## Task description
Take the line that contains "pub size : ℕ" and each line after it in the material below, and transcribe them exactly, stopping at the end.
==================================================
-- ===== src/Logging/Source.antt =====
-- muduo/base/Logging.h, Logger::SourceFile: the last part of a source file's path.
use telnet_serv.Prelude.{
  ℕ, suc, ◌-◌, Option, none, some, List, [], ◌∷◌, ◌==◌, if◌then◌else◌, length, drop,
}

-- data_, with what stands behind it up to the NUL, and size_.
pub record SourceFile : Type 0 where
  pub chars : List ℕ
  pub size : ℕ

-- strrchr(s, c), as an offset.
unfoldable pub strrchr : List ℕ → ℕ → Option ℕ
strrchr [] c = none
strrchr (x ∷ xs) c = elim (strrchr xs c) [
  | some i ↦ some (suc i)
  | none ↦ if x == c then some 0 else none
]

-- SourceFile(const char (&arr)[N]), of a literal without its NUL: N - 1 is its length.
unfoldable pub from_array : List ℕ → SourceFile
from_array arr = elim (strrchr arr b'/') [
  | none ↦ record { chars = arr; size = length arr }
  | some slash ↦ record { chars = drop (suc slash) arr; size = length arr - suc slash }
]

-- SourceFile(const char* filename)
unfoldable pub from_pointer : List ℕ → SourceFile
from_pointer filename = elim (strrchr filename b'/') [
  | none ↦ record { chars = filename; size = length filename }
  | some slash ↦ record {
    chars = drop (suc slash) filename;
    size = length (drop (suc slash) filename);
  }
]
==================================================
## The completed task
  pub size : ℕ

-- strrchr(s, c), as an offset.
unfoldable pub strrchr : List ℕ → ℕ → Option ℕ
strrchr [] c = none
strrchr (x ∷ xs) c = elim (strrchr xs c) [
  | some i ↦ some (suc i)
  | none ↦ if x == c then some 0 else none
]

-- SourceFile(const char (&arr)[N]), of a literal without its NUL: N - 1 is its length.
unfoldable pub from_array : List ℕ → SourceFile
from_array arr = elim (strrchr arr b'/') [
  | none ↦ record { chars = arr; size = length arr }
  | some slash ↦ record { chars = drop (suc slash) arr; size = length arr - suc slash }
]

-- SourceFile(const char* filename)
unfoldable pub from_pointer : List ℕ → SourceFile
from_pointer filename = elim (strrchr filename b'/') [
  | none ↦ record { chars = filename; size = length filename }
  | some slash ↦ record {
    chars = drop (suc slash) filename;
    size = length (drop (suc slash) filename);
  }
]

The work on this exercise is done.